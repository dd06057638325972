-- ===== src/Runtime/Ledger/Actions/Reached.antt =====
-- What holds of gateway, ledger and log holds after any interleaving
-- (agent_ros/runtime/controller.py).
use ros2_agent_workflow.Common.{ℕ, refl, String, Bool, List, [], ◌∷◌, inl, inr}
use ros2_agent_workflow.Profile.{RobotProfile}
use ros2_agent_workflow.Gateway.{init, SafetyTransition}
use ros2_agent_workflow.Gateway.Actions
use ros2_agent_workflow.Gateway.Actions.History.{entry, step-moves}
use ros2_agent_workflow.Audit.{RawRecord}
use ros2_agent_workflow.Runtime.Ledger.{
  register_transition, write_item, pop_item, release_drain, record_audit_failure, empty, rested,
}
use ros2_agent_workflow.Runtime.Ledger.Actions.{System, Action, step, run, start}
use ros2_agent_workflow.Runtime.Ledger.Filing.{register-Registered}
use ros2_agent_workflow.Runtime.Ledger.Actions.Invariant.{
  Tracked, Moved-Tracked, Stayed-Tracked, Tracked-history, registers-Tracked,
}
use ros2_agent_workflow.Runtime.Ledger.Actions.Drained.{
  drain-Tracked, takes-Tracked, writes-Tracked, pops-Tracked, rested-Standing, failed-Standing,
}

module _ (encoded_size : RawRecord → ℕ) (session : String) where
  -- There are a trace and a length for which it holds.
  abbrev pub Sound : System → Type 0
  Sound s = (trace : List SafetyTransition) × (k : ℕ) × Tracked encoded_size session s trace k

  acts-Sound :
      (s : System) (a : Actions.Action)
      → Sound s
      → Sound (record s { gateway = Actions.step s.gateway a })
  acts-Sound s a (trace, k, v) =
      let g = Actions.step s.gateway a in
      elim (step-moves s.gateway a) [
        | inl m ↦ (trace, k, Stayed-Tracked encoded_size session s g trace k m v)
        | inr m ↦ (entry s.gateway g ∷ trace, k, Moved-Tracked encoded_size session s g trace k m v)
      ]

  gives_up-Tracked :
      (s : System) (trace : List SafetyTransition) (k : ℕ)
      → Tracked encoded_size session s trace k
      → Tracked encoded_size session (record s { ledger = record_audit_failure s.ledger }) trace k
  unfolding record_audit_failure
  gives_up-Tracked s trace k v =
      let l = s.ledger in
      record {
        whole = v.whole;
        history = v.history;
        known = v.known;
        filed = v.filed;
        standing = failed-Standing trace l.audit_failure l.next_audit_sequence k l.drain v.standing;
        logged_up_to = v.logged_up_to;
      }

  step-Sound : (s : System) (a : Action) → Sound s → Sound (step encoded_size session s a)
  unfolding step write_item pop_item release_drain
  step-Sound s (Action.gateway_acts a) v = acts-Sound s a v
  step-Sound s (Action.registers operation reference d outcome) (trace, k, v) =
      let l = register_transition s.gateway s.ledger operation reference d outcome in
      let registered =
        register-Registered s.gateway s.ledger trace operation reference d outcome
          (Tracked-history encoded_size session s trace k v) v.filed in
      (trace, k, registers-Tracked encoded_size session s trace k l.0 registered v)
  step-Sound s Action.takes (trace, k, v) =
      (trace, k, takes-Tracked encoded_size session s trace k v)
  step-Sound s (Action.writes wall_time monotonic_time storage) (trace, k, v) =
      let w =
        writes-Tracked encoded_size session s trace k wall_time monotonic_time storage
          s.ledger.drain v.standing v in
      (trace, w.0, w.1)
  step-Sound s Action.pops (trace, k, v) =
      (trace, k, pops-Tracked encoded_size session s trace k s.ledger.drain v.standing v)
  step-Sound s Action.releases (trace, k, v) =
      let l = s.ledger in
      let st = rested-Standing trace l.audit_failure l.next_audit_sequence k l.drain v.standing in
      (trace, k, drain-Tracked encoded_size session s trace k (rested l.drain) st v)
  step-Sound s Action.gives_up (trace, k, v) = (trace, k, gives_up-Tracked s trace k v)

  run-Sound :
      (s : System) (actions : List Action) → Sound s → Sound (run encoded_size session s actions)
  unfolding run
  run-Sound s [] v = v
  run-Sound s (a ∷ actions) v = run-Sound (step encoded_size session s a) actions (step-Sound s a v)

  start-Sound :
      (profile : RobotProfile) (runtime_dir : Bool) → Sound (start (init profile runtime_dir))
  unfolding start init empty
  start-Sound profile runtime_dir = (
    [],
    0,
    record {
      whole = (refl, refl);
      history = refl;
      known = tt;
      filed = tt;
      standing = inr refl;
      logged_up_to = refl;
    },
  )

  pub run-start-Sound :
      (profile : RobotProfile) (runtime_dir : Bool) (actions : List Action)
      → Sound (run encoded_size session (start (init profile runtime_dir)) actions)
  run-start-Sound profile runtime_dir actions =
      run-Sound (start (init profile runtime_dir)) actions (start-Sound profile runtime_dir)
★ ★ ★ ★ ★ ★ ★
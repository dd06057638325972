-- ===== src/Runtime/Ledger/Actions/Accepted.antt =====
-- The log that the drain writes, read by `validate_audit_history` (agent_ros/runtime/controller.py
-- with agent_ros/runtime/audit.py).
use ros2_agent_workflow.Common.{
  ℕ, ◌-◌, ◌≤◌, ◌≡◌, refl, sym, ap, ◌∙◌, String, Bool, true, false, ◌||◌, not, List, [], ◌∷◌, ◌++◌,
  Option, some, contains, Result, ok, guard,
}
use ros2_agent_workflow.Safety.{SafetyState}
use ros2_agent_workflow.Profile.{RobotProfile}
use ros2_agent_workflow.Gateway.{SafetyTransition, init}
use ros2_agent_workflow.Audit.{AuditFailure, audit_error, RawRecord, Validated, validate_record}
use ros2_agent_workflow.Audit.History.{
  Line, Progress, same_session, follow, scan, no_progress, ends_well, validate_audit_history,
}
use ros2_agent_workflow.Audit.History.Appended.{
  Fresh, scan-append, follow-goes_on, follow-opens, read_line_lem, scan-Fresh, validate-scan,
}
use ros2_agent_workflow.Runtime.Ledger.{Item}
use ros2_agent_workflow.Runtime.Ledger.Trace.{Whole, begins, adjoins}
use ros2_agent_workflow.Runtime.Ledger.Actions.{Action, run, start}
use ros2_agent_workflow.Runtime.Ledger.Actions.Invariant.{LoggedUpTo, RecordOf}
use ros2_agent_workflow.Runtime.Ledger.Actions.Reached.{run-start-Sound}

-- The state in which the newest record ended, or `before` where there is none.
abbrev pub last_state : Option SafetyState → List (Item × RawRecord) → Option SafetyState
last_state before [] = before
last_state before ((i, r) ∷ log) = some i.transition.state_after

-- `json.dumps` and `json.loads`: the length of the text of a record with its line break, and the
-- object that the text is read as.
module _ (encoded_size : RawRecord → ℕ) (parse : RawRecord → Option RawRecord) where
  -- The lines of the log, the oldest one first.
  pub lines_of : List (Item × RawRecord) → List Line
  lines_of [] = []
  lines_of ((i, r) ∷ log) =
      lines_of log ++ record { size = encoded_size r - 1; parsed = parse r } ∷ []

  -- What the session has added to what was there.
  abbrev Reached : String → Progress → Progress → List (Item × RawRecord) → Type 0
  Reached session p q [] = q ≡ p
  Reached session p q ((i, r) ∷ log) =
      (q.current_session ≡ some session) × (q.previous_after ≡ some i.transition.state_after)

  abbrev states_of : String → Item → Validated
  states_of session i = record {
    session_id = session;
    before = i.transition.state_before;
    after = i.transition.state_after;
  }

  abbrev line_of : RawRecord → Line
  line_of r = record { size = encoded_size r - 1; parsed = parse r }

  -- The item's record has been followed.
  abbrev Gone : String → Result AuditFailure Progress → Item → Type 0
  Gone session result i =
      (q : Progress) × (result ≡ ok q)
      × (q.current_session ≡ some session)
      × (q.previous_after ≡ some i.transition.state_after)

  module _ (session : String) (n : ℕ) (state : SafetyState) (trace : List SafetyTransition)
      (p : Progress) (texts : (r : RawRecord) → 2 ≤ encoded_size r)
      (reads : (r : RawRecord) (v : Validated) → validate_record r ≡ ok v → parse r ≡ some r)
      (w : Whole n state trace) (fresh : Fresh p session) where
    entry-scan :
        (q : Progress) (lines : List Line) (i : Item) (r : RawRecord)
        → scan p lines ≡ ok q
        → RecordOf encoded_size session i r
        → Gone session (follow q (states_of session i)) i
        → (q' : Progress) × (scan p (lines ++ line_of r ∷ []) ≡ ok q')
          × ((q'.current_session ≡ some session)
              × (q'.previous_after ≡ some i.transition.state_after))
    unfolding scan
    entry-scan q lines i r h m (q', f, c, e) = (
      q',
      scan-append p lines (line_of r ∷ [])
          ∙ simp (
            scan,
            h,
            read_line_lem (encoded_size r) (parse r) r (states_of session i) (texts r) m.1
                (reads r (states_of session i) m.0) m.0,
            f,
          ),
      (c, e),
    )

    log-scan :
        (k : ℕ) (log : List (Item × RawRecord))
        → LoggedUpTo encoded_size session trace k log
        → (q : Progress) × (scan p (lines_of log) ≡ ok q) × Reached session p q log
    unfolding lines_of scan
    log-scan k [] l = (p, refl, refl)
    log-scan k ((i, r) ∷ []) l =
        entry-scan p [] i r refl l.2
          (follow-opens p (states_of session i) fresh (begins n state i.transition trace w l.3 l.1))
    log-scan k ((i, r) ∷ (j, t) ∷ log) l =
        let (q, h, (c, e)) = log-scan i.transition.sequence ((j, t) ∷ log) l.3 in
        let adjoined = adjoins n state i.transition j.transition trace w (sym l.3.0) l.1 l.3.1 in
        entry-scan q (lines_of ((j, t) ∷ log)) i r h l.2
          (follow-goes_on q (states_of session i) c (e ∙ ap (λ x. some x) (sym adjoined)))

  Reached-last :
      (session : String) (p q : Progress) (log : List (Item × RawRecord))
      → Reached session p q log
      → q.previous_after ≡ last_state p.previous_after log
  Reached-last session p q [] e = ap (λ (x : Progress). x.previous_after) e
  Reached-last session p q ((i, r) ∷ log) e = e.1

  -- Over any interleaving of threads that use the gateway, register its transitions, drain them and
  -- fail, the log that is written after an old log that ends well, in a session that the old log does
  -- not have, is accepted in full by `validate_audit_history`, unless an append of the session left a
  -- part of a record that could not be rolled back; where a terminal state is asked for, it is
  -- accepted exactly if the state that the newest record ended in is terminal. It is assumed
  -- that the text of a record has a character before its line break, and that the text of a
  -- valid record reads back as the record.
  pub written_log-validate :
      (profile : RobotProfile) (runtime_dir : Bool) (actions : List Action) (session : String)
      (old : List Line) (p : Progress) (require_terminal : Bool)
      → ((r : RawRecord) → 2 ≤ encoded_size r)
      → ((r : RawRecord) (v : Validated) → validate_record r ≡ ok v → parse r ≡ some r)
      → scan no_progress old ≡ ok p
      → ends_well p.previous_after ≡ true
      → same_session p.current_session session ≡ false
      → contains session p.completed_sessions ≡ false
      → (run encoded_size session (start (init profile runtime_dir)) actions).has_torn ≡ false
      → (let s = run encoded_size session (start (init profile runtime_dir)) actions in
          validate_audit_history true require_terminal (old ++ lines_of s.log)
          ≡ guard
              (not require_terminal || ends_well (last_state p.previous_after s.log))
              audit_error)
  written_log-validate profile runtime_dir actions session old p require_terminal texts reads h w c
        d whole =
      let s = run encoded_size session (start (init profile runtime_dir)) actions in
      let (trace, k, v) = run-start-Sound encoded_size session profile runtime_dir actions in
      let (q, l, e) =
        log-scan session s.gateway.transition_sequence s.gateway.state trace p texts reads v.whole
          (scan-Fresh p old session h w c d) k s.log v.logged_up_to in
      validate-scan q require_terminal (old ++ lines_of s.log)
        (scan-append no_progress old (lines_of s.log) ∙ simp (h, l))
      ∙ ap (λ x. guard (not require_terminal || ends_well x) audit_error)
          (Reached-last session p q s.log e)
★ ★ ★ ★ ★ ★ ★
PROBLEM TO WORK ON: Please transcribe exactly the lines above from the line that has "-- not have, is" up to and including the line that has "((r : RawRecord) → 2 ≤ encoded_size r)"; no other line belongs in the answer.

ANSWER FOR THE TASK:
  -- not have, is accepted in full by `validate_audit_history`, unless an append of the session left a
  -- part of a record that could not be rolled back; where a terminal state is asked for, it is
  -- accepted exactly if the state that the newest record ended in is terminal. It is assumed
  -- that the text of a record has a character before its line break, and that the text of a
  -- valid record reads back as the record.
  pub written_log-validate :
      (profile : RobotProfile) (runtime_dir : Bool) (actions : List Action) (session : String)
      (old : List Line) (p : Progress) (require_terminal : Bool)
      → ((r : RawRecord) → 2 ≤ encoded_size r)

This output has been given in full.